Would the incident with Ms Wolters have been avoided if the University had taken appropriate action to reprimand and counsel Mr Bradley?
[128] A defendant who exposes a plaintiff to a risk of injury or who, by omission, fails to take reasonable steps to avoid or minimise that risk is not liable unless the risk comes home in the sense that the Court is ultimately satisfied on the balance of probabilities that the defendant’s breach caused or materially contributed to the harm actually suffered.[16] The onus remains on a plaintiff to prove that the harm in fact resulted from the risk, or increase to the risk, created by the defendant’s breach of duty.[17]

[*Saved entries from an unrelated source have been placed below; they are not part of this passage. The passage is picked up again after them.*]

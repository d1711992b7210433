-- ===== src/Executor/Tests.antt =====
-- A store that counts its elements, with a command that adds one and one that waits for one.
use simis.Prelude.{
  List, Option, Text, [], bytes, if◌then◌else◌, leb, length, lookup, refl, some, suc, text_eq, true,
  zero, ℕ, ◌++◌, ◌∷◌, ◌≡◌,
}
use simis.Prelude.Int.{pos}
use simis.Connection.{Command}
use simis.Resp.{to_simple_resp_array}
use simis.Executor.{
  new_execution_result, Handler, State, waiters, is_blocking, executed, execute, set_args, answer,
  served, unblock, execute_transaction, transaction_loop, loop_behind, first_result,
  transaction_done, transaction_step, transaction_by, step_result,
}
use simis.Executor.Serial.{pointed, paired, execute_all, execute_transaction_lem}
use simis.Executor.Waiting.{alone, Runs, unblock_one}

abbrev add : Handler ℕ
add cmd n = (record new_execution_result { response = bytes "+OK" }, (cmd.args, suc n))

abbrev pop : Handler ℕ
pop cmd zero = (
  record new_execution_result { blocking_timeout = pos 0; waiting_keys = bytes "k" ∷ [] },
  (cmd.args, zero),
)
pop cmd (suc n) = (record new_execution_result { response = bytes "+1" }, (cmd.args, n))

abbrev table : Text → Option (Handler ℕ)
table name = if text_eq name (bytes "POP") then some pop else some add

abbrev named : ℕ → Command
named c = record {
  command = if leb 10 c then bytes "ADD" else bytes "POP";
  args = [];
  response = c;
}

abbrev idle : State ℕ
idle = record { store = 0; commands = named; blocking_commands = []; answers = []; propagated = [] }

abbrev k : Text
k = bytes "k"

-- Three commands wait for k, which has got one element.
abbrev three_waiting : State ℕ
three_waiting = record idle {
  store = 1;
  blocking_commands = (k, alone 1 k ∷ alone 2 k ∷ alone 3 k ∷ []) ∷ [];
}

first-Runs :
    Runs table 1 (execute pop 1 three_waiting).0 three_waiting (execute pop 1 three_waiting).1
unfolding text_eq
first-Runs = record { handler = pop; known = refl; ran = refl }

abbrev after_first : State ℕ
after_first =
    (served k 0 (alone 1 k) (execute pop 1 three_waiting).0 (execute pop 1 three_waiting).1
      (alone 1 k ∷ alone 2 k ∷ alone 3 k ∷ [])).state

third-Runs : Runs table 3 (execute pop 3 after_first).0 after_first (execute pop 3 after_first).1
unfolding served answer execute executed set_args text_eq
third-Runs = record { handler = pop; known = refl; ran = refl }

third_blocks : is_blocking (execute pop 3 after_first).0 ≡ true
unfolding served answer execute executed set_args
third_blocks = refl

three_wait : waiters k three_waiting.blocking_commands ≡ alone 1 k ∷ alone 2 k ∷ alone 3 k ∷ []
unfolding waiters lookup text_eq
three_wait = refl

unblock_one_example :
    (waiters k (unblock table (k ∷ []) three_waiting).blocking_commands
      ≡ alone 3 k ∷ alone 3 k ∷ [])
    × ((unblock table (k ∷ []) three_waiting).answers ≡ [] ++ ((1, bytes "+1") ∷ []))
unfolding execute executed
unblock_one_example =
    unblock_one table k 1 (alone 2 k) (alone 3 k) (alone 3 k ∷ []) (execute pop 1 three_waiting).0
      (execute pop 3 after_first).0 three_waiting (execute pop 1 three_waiting).1
      (execute pop 3 after_first).1 three_wait first-Runs refl refl third-Runs third_blocks

idle_lem : (key : Text) → waiters key [] ≡ []
unfolding waiters lookup
idle_lem key = refl

two_added :
    execute_transaction table (pointed named (10 ∷ 11 ∷ [])) idle
    ≡ some (to_simple_resp_array (some (bytes "+OK" ∷ bytes "+OK" ∷ [])), record idle { store = 2 })
unfolding execute_transaction transaction_loop loop_behind first_result transaction_done
    transaction_step transaction_by step_result unblock text_eq
two_added = refl

execute_transaction_lem_example :
    (texts : List Text) × (to_simple_resp_array (some (bytes "+OK" ∷ bytes "+OK" ∷ []))
      ≡ to_simple_resp_array (some texts))
    × (length texts ≡ 2)
    × ((execute_all table (10 ∷ 11 ∷ []) idle).answers ≡ [] ++ paired (10 ∷ 11 ∷ []) texts)
    × ((execute_all table (10 ∷ 11 ∷ []) idle).store ≡ 2)
    × (◌≡◌ {A = List (ℕ × Text)} [] [])
execute_transaction_lem_example =
    execute_transaction_lem table (10 ∷ 11 ∷ []) idle (record idle { store = 2 })
      (to_simple_resp_array (some (bytes "+OK" ∷ bytes "+OK" ∷ []))) idle_lem ((refl, tt), (tt, tt))
      two_added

[129] Questions of causation depend on hypothetical considerations, but unless these issues are resolved in the plaintiff’s favour, on the balance of probabilities, the court cannot be satisfied that the conduct of the defendant caused the loss.[18] In a case such as the present, the plaintiff must prove that performance of the duty would have averted the harm, and this depends on the probabilities for and against. It is not sufficient to establish causation that the defendant’s breach of duty increased the risk of injury.[19] All relevant circumstances, including an increase in the risk to the plaintiff from the defendant’s breach of duty and the character and sequence of events, must be considered in deciding whether a defendant’s breach of duty which is a possible cause of the plaintiff’s damage materially contributed to that damage.[20] In some cases breach of duty coupled with an incident of a kind that might thereby be caused is enough to justify an inference, in the absence of any sufficient reason to the contrary, that in fact the incident did occur owing to the act or omission that constitutes the breach of duty.[21] In such a case, the inference leading to liability on the part of the defendant is more probable than any other inference. But the onus always remains on the plaintiff to prove causation. The mere fact that a breach of duty has occurred, followed by injury within the area of foreseeable risk, does not necessarily mean that the evidential onus is reversed.[22]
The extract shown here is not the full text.